WORK ORDER | Below is some data. Retype exactly the lines starting at the one with "ff ← get_related_cluster_environments" and ending at the one with "unfoldable pub remove_from_environments".

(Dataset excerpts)
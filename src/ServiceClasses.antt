-- ===== src/ServiceClasses.antt =====
-- controllers/serviceclass_controller.go: the handler of service classes in the control plane.
pub mod Laws
use primaza.Common.{Bool, true, false, String, Option, none, some, List, [], ◌∷◌, ◌++◌, without}
use primaza.Common.{Eq, ◌==◌, string_eq, contains, if◌then◌else◌}
use primaza.Common.Errors.{Error, Result, ok, err, panic, ignore_not_found, join_all}
use primaza.Common.Effects.{
  Action, pure, lift, crash, attempt, ◌>>=◌, ◌>>◌, when, collect_errors, errors_of,
}
use primaza.Api.{
  Key, ServiceClass, EnvironmentConstraints, ClusterEnvironment, has_deletion_timestamp,
}
use primaza.Api.{get_class_environment_constraints}
use primaza.Cluster.{Client, Cluster, Platform, everywhere}
use primaza.ClusterContext.{create_client}
use primaza.ControlPlane.{
  push_service_class_to_namespaces, delete_service_class_from_namespaces, wrap,
}
use primaza.EnvTag.{matches}

abbrev pub cluster_environment_finalizer : String
cluster_environment_finalizer = "clusterenvironment.primaza.io/finalizer"

-- `filterClusterEnvironments`
unfoldable pub filter_cluster_environments :
    List String → List ClusterEnvironment → List ClusterEnvironment
filter_cluster_environments constraints [] = []
filter_cluster_environments constraints (ce ∷ rest) =
    let later = filter_cluster_environments constraints rest in
    if matches ce.spec.environment_name constraints then ce ∷ later else later

abbrev pub with_class_finalizers : List String → ServiceClass → ServiceClass
with_class_finalizers l sc = record sc { meta = record (sc.meta) { finalizers = l } }

module _ {W Config : Type 0} (cli : Cluster W) (platform : Platform W Config) where
  -- One round of the loop of `reconcileEnvironments`.
  unfoldable pub push_to_environment : ServiceClass → ClusterEnvironment → Action W Unit
  push_to_environment sc ce = do
    worker ← create_client cli platform ce
    r ← attempt (push_service_class_to_namespaces worker sc ce.spec.service_namespaces)
    lift (wrap "error pushing service class" r)

  -- `reconcileEnvironments`
  unfoldable pub reconcile_environments : ServiceClass → Action W Unit
  reconcile_environments sc = do
    cee ← cli.cluster_environments.list everywhere
    errs ←
        collect_errors (push_to_environment sc)
          (filter_cluster_environments (get_class_environment_constraints sc.spec) cee)
    lift (join_all errs)

  -- `getRelatedClusterEnvironments`
  unfoldable pub get_related_cluster_environments : List String → Action W (List ClusterEnvironment)
  get_related_cluster_environments constraints = do
    cee ← cli.cluster_environments.list everywhere
    pure (filter_cluster_environments constraints cee)

  -- The loop of `removeFromEnvironments`: a client that cannot be made ends it.
  unfoldable pub remove_loop : ServiceClass → List ClusterEnvironment → Action W (List Error)
  remove_loop sc [] = pure []
  remove_loop sc (ce ∷ rest) = do
    worker ← create_client cli platform ce
    r ← attempt (delete_service_class_from_namespaces worker sc ce.spec.service_namespaces)
    es ← remove_loop sc rest
    pure (errors_of (wrap "error deleting service class" r) ++ es)

  unfoldable pub remove_constrained : ServiceClass → Option EnvironmentConstraints → Action W Unit
  remove_constrained sc none = pure tt
  remove_constrained sc (some c) = do
    ff ← get_related_cluster_environments (get_class_environment_constraints sc.spec)
    errs ← remove_loop sc ff
    lift (join_all errs)

  -- `removeFromEnvironments`; `finalize` only calls it.
  unfoldable pub remove_from_environments : ServiceClass → Action W Unit
  remove_from_environments sc = remove_constrained sc sc.spec.constraints

  unfoldable pub finalize_class : ServiceClass → Action W Unit
  finalize_class sc = when (contains sc.meta.finalizers cluster_environment_finalizer) (do
    remove_from_environments sc
    cli.service_classes.update
        (with_class_finalizers (without cluster_environment_finalizer sc.meta.finalizers) sc)
    pure tt)

  unfoldable pub add_class_finalizer : ServiceClass → Action W ServiceClass
  add_class_finalizer sc =
      if contains sc.meta.finalizers cluster_environment_finalizer
      then pure sc
      else cli.service_classes.update
          (with_class_finalizers (sc.meta.finalizers ++ (cluster_environment_finalizer ∷ [])) sc)

  unfoldable pub reconcile_class_found : Result ServiceClass → Action W Unit
  reconcile_class_found (ok sc) =
      if has_deletion_timestamp sc.meta
      then finalize_class sc
      else (do kept ← add_class_finalizer sc; reconcile_environments kept)
  reconcile_class_found (err e) = lift (ignore_not_found e)
  reconcile_class_found panic = crash

  -- `ServiceClassReconciler.Reconcile`
  unfoldable pub reconcile_class : Key → Action W Unit
  reconcile_class req = do
    found ← attempt (cli.service_classes.get req)
    reconcile_class_found found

ANSWER TO THIS TASK |
    ff ← get_related_cluster_environments (get_class_environment_constraints sc.spec)
    errs ← remove_loop sc ff
    lift (join_all errs)

  -- `removeFromEnvironments`; `finalize` only calls it.
  unfoldable pub remove_from_environments : ServiceClass → Action W Unit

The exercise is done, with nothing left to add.